CONCLUSIONS: Developing electrocoagulation-induced urethral stricture in rats is a simple, reliable, inexpensive, and reproducible. Reporting histologic data with qualitative and semi-quantitative scoring will enhance data standardization, aiding reader understanding and analysis. Transforming growth factor β and Platelet-derived growth factor play key roles in fibrosis during stricture development. Incorporating these cytokines in urethral stricture animal model studies can demonstrate successful stenosis creation.
METHODS: Sixteen male rats were randomized into two groups. The Sham group (n:8) underwent only a penoscrotal incision, while the stricture group (n:8) had their urethras exposed through a penoscrotal incision, followed by electrocauterization to the corpus spongiosum. On the 15th day, blood and urethral tissues were harvested for histologic and molecular analyses. Histomorphologic, immunohistochemical, and reverse transcription polymerase chain reaction analyses were performed.
RESULTS: The stricture group exhibited more severe and intense spongiofibrosis, inflammation, epithelial desquamation, and congestion in vascular structures compared to the controls (p < 0.05). The urethral tissue in the stricture group showed an increased ratio of inflammation parameters, including Collagen 1A1, Collagen 3A1, elastin, Transforming growth factor β1, α Smooth muscle actin, Platelet-derived growth factor α, and Platelet-derived growth factor β. Transforming growth factor β1, Platelet-derived growth factor α, and Platelet-derived growth factor β each correlated highly with the other six parameters (r > 0.60, p < 0.05).
CONCLUSIONS: Developing electrocoagulation-induced urethral stricture in rats is a simple, reliable, inexpensive, and reproducible. Reporting histologic data with qualitative and semi-quantitative scoring will enhance data standardization, aiding reader understanding and analysis. Transforming growth factor β and Platelet-derived growth factor play key roles in fibrosis during stricture development. Incorporating these cytokines in urethral stricture animal model studies can demonstrate successful stenosis creation.
摘要:
目的:建立可重复性、标准化的大鼠尿道狭窄模型,评估组织形态学发现和基因表达数据。在涉及实验动物的研究中,尿道狭窄模型的创建需要更多的标准化。
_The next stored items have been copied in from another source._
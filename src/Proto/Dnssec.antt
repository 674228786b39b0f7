-- ===== src/Proto/Dnssec.antt =====
-- src/proto.rs: the RRSIG, DNSKEY and DS data, and the key tag of RFC 4034, Appendix B.
pub mod RoundTrip
use ironbind.Prelude.{
  ℕ, ◌+◌, ◌*◌, ◌/◌, ◌%◌, ◌^◌, Bool, true, not, [], ◌∷◌, Result, ◌==◌, if◌then◌else◌, bit_and,
}
use ironbind.Prelude.Text.{Bytes}
use ironbind.Proto.Reader.{IoError, Reader, ◌>>=◌, pure, run, u8, u16, u32, name, bytes, remaining}

pub record Rrsig : Type 0 where
  pub type_covered : ℕ
  pub algorithm : ℕ
  pub labels : ℕ
  pub orig_ttl : ℕ
  pub sig_expiry : ℕ
  pub sig_inception : ℕ
  pub key_tag : ℕ
  pub signer_name : Bytes
  pub signature : Bytes

pub record Dnskey : Type 0 where
  pub flags : ℕ
  pub protocol : ℕ
  pub algorithm : ℕ
  pub public_key : Bytes

unfoldable is_zone_key : Dnskey → Bool
is_zone_key k = not (bit_and k.flags 0x0100 == 0)

unfoldable is_sep : Dnskey → Bool
is_sep k = not (bit_and k.flags 0x0001 == 0)

-- The sum of the bytes, those at even places shifted: `even` tells where the list starts.
unfoldable tag_sum : Bool → ℕ → Bytes → ℕ
tag_sum even ac [] = ac
tag_sum even ac (b ∷ bs) = tag_sum (not even) ((ac + (if even then b * 2 ^ 8 else b)) % 2 ^ 32) bs

-- `Dnskey::key_tag`, and `compute_key_tag` of zone_signing.rs, which is the same code.
unfoldable pub key_tag : Bytes → ℕ
unfolding tag_sum
key_tag rdata = let ac = tag_sum true 0 rdata in bit_and ((ac + ac / 2 ^ 16) % 2 ^ 32) 0xffff

pub record Ds : Type 0 where
  pub key_tag : ℕ
  pub algorithm : ℕ
  pub digest_type : ℕ
  pub digest : Bytes

read_rrsig : Reader Rrsig
read_rrsig = do
  type_covered ← u16
  algorithm ← u8
  labels ← u8
  orig_ttl ← u32
  sig_expiry ← u32
  sig_inception ← u32
  key_tag ← u16
  signer_name ← name
  left ← remaining
  signature ← bytes left
  pure (record {
    type_covered = type_covered;
    algorithm = algorithm;
    labels = labels;
    orig_ttl = orig_ttl;
    sig_expiry = sig_expiry;
    sig_inception = sig_inception;
    key_tag = key_tag;
    signer_name = signer_name;
    signature = signature;
  })

unfoldable pub parse_rrsig : Bytes → Result Rrsig IoError
unfolding read_rrsig
parse_rrsig = run read_rrsig

read_dnskey : Reader Dnskey
read_dnskey = do
  flags ← u16
  protocol ← u8
  algorithm ← u8
  left ← remaining
  public_key ← bytes left
  pure (record {
    flags = flags;
    protocol = protocol;
    algorithm = algorithm;
    public_key = public_key;
  })

unfoldable pub parse_dnskey : Bytes → Result Dnskey IoError
unfolding read_dnskey
parse_dnskey = run read_dnskey

read_ds : Reader Ds
read_ds = do
  tag ← u16
  algorithm ← u8
  digest_type ← u8
  left ← remaining
  digest ← bytes left
  pure (record { key_tag = tag; algorithm = algorithm; digest_type = digest_type; digest = digest })

unfoldable pub parse_ds : Bytes → Result Ds IoError
unfolding read_ds
parse_ds = run read_ds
方法:16只雄性大鼠随机分为两组。假手术组(n:8)只做了一个阴囊切口,而狭窄组(n:8)的尿道通过阴囊切口暴露,然后对海绵体进行电灼烧。在第15天,收集血液和尿道组织进行组织学和分子分析.组织形态学,免疫组织化学,进行逆转录聚合酶链反应分析。
结果:狭窄组表现出更严重和更强烈的海绵状纤维化,炎症,上皮脱屑,与对照组相比,血管结构充血(p<0.05)。狭窄组尿道组织炎症参数比例增高,包括胶原蛋白1A1,胶原蛋白3A1,弹性蛋白,转化生长因子β1,α平滑肌肌动蛋白,血小板源性生长因子α,和血小板衍生生长因子β。转化生长因子β1,血小板源性生长因子α,和血小板源性生长因子β均与其他六个参数高度相关(r>0.60,p<0.05)。
结论:发展电凝致大鼠尿道狭窄是一种简单的,可靠,便宜,和可重复的。通过定性和半定量评分报告组织学数据将增强数据标准化,帮助读者理解和分析。转化生长因子β和血小板衍生生长因子在狭窄发展过程中的纤维化中起关键作用。在尿道狭窄动物模型研究中结合这些细胞因子可以证明成功的狭窄产生。
方法:16只雄性大鼠随机分为两组。假手术组(n:8)只做了一个阴囊切口,而狭窄组(n:8)的尿道通过阴囊切口暴露,然后对海绵体进行电灼烧。在第15天,收集血液和尿道组织进行组织学和分子分析.组织形态学,免疫组织化学,进行逆转录聚合酶链反应分析。
结果:狭窄组表现出更严重和更强烈的海绵状纤维化,炎症,上皮脱屑,与对照组相比,血管结构充血(p<0.05)。狭窄组尿道组织炎症参数比例增高,包括胶原蛋白1A1,胶原蛋白3A1,弹性蛋白,转化生长因子β1,α平滑肌肌动蛋白,血小板源性生长因子α,和血小板衍生生长因子β。转化生长因子β1,血小板源性生长因子α,和血小板源性生长因子β均与其他六个参数高度相关(r>0.60,p<0.05)。
结论:发展电凝致大鼠尿道狭窄是一种简单的,可靠,便宜,和可重复的。通过定性和半定量评分报告组织学数据将增强数据标准化,帮助读者理解和分析。转化生长因子β和血小板衍生生长因子在狭窄发展过程中的纤维化中起关键作用。在尿道狭窄动物模型研究中结合这些细胞因子可以证明成功的狭窄产生。